From the records below, copy each line in which the string "FileInfo" occurs.

※ ※ ※

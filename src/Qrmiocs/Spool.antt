-- ===== src/Qrmiocs/Spool.antt =====
-- `CheckSpoolDir` of src/internal/qrmiocs/sanitize.go.
pub mod Own
use qpu_resource.Prelude.{
  ℕ, Bool, true, false, not, ◌&&◌, ◌||◌, List, [], ◌∷◌, ◌++◌, Text, codes, text_eq, if◌then◌else◌,
  is_nil,
}
use qpu_resource.Strings.{has_prefix, cut_prefix, trim_prefix, contains_text}
use qpu_resource.FilePath.{is_abs, clean, base, dir}
use qpu_resource.Machine.{Machine, FileInfo}
use qpu_resource.Errors.{
  Error, errorf, wrapf, Result, ok, err, ◌>>=◌, ◌>>◌, guard, or_fail, Reply, done, fails, reply,
}
use qpu_resource.Qrmiocs.Sanitize.{has_dotdot}

abbrev pub default_task : Text → Text
default_task task_id =
    if is_nil task_id || text_eq task_id (codes "undefined") then codes "1" else task_id

unfoldable pub spool_shape : Text → Text → Bool
unfolding clean text_eq contains_text cut_prefix
spool_shape spool root =
    is_abs spool
    && text_eq (clean spool) spool
    && not (has_dotdot spool)
    && has_prefix (root ++ codes "/") spool

unfoldable pub is_job_spool : Text → Text → Text → Bool
unfolding base dir text_eq
is_job_spool spool job_id task =
    text_eq (base spool) (job_id ++ (codes "." ++ task))
    && text_eq (base (dir spool)) (codes "active_jobs")

abbrev pub lstat_is_dir : Reply FileInfo → Bool
lstat_is_dir (done info) = info.is_dir
lstat_is_dir (fails e) = false

module _ (m : Machine) where
  unfoldable pub check_spool_dir : Text → Text → Text → Text → Result (Unit {0})
  check_spool_dir spool root job_id task_id =
      let task = default_task task_id in
      do
        guard (spool_shape spool root) (errorf "invalid SGE_JOB_SPOOL_DIR %q" (spool ∷ []))
        guard (is_job_spool spool job_id task) (
            errorf "SGE_JOB_SPOOL_DIR %q is not the spool directory of job %s.%s"
              (spool ∷ job_id ∷ task ∷ []))
        resolved_root ← or_fail (reply (m.eval_symlinks root)) (wrapf "resolve spool root: %w" [])
        resolved ←
            or_fail (reply (m.eval_symlinks spool)) (wrapf "resolve SGE_JOB_SPOOL_DIR: %w" [])
        guard (text_eq resolved (resolved_root ++ trim_prefix root spool))
            (errorf "SGE_JOB_SPOOL_DIR %q contains a symbolic link" (spool ∷ []))
        guard (lstat_is_dir (m.lstat spool))
            (errorf "SGE_JOB_SPOOL_DIR %q is not a directory" (spool ∷ []))
        ok tt
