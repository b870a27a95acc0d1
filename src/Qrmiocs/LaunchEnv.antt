-- ===== src/Qrmiocs/LaunchEnv.antt =====
-- `LaunchSettings` and `LaunchEnv` of src/internal/qrmiocs/sanitize.go.
pub mod Isolation
pub mod Loader
pub mod ExitCodes
pub mod Contents
use qpu_resource.Prelude.{
  ℕ, Bool, true, false, not, ◌&&◌, ◌||◌, List, [], ◌∷◌, ◌++◌, Option, none, some, Text, codes,
  text_eq, if◌then◌else◌, is_nil, all,
}
use qpu_resource.Strings.{cut, Cut, contains_text, cut_prefix}
use qpu_resource.Decimal.{is_number}
use qpu_resource.Dict.{Dict, insert, value_of}
use qpu_resource.FilePath.{is_abs, clean}
use qpu_resource.Machine.{Machine}
use qpu_resource.Errors.{Error, errorf, job_error, Result, ok, err, ◌>>=◌, ◌>>◌, guard, or_fail}
use qpu_resource.Qrmiocs.Sanitize.{
  assign, task_pattern, cell_pattern, tz_pattern, has_dotdot, check_loader_env, fixed_env,
  hook_user_home,
}
use qpu_resource.Qrmiocs.Spool.{check_spool_dir}

pub record LaunchSettings : Type 0 where
  pub sge_root : Text
  pub sge_cell : Text
  pub spool_roots : List Text
  pub qmaster_port : Text
  pub execd_port : Text

unfoldable pub check_dirs : List Text → Result (Unit {0})
unfolding clean text_eq
check_dirs [] = ok tt
check_dirs (d ∷ ds) = do
  guard (is_abs d && text_eq (clean d) d) (errorf "invalid directory %q" (d ∷ []))
  check_dirs ds

unfoldable pub check_ports : List Text → Result (Unit {0})
unfolding is_number
check_ports [] = ok tt
check_ports (port ∷ ports) = do
  guard (is_nil port || is_number port) (errorf "invalid port %q" (port ∷ []))
  check_ports ports

unfoldable pub validate : LaunchSettings → Result (Unit {0})
unfolding cell_pattern check_dirs check_ports
validate s = do
  guard (not (is_nil s.sge_root) && cell_pattern s.sge_cell)
      (errorf "--sge-root and --sge-cell are required" [])
  check_dirs (s.sge_root ∷ s.spool_roots)
  check_ports (s.qmaster_port ∷ s.execd_port ∷ [])

-- The map `values`: a later entry replaces an earlier one; an entry without `=` is passed over.
unfoldable pub env_values : List Text → Dict Text → Dict Text
unfolding cut insert
env_values [] values = values
env_values (kv ∷ environ) values =
    let r = cut b'=' kv in
    env_values environ (if r.found then insert r.before r.after values else values)

abbrev pub spool_roots_or_root : LaunchSettings → List Text
spool_roots_or_root s = if is_nil s.spool_roots then s.sge_root ∷ [] else s.spool_roots

abbrev pub error_or_ok : Option Error → Result (Unit {0})
error_or_ok none = ok tt
error_or_ok (some e) = err e

-- An optional variable.
abbrev pub if_set : Text → Text → List Text
if_set key value = if is_nil value then [] else assign key value ∷ []

unfoldable pub time_zone : Text → List Text
unfolding tz_pattern contains_text cut_prefix
time_zone tz = if tz_pattern tz && not (has_dotdot tz) then assign (codes "TZ") tz ∷ [] else []

-- What the launcher takes from the job's environment.
pub record JobValues : Type 0 where
  pub job_id : Text
  pub task_id : Text
  pub spool : Text
  pub tz : Text

unfoldable pub job_values : List Text → JobValues
unfolding env_values value_of
job_values environ =
    let values = env_values environ [] in
    record {
      job_id = value_of (codes "JOB_ID") values;
      task_id = value_of (codes "SGE_TASK_ID") values;
      spool = value_of (codes "SGE_JOB_SPOOL_DIR") values;
      tz = value_of (codes "TZ") values;
    }

module _ (m : Machine) where
  -- The loop over the spool roots stops at the first that fits; the last error stays.
  unfoldable pub find_spool_root : Option Error → List Text → JobValues → Result (Unit {0})
  unfolding check_spool_dir
  find_spool_root last [] v = error_or_ok last
  find_spool_root last (root ∷ roots) v = elim (check_spool_dir m v.spool root v.job_id v.task_id) [
    | ok _ ↦ ok tt
    | err e ↦ find_spool_root (some e) roots v
  ]

  unfoldable pub hook_env : LaunchSettings → JobValues → List Text
  unfolding time_zone hook_user_home
  hook_env s v =
      (assign (codes "JOB_ID") v.job_id
        ∷ assign (codes "SGE_JOB_SPOOL_DIR") v.spool
        ∷ assign (codes "SGE_ROOT") s.sge_root
        ∷ assign (codes "SGE_CELL") s.sge_cell
        ∷ [])
      ++ (if_set (codes "SGE_TASK_ID") v.task_id
          ++ (if_set (codes "SGE_QMASTER_PORT") s.qmaster_port
              ++ (if_set (codes "SGE_EXECD_PORT") s.execd_port ++ (time_zone v.tz ++ fixed_env m))))

  -- What follows the loader check and the settings' validation.
  unfoldable pub launch_values : LaunchSettings → JobValues → Result (List Text)
  launch_values s v = do
    guard (is_number v.job_id) (job_error (errorf "invalid JOB_ID" []))
    guard (is_nil v.task_id || task_pattern v.task_id) (job_error (errorf "invalid SGE_TASK_ID" []))
    or_fail (find_spool_root none (spool_roots_or_root s) v) job_error
    ok (hook_env s v)

  unfoldable pub launch_env : List Text → LaunchSettings → Result (List Text)
  launch_env environ s = do
    check_loader_env environ
    validate s
    launch_values s (job_values environ)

※ ※ ※

- _Written answer_
use qpu_resource.Machine.{Machine, FileInfo}
abbrev pub lstat_is_dir : Reply FileInfo → Bool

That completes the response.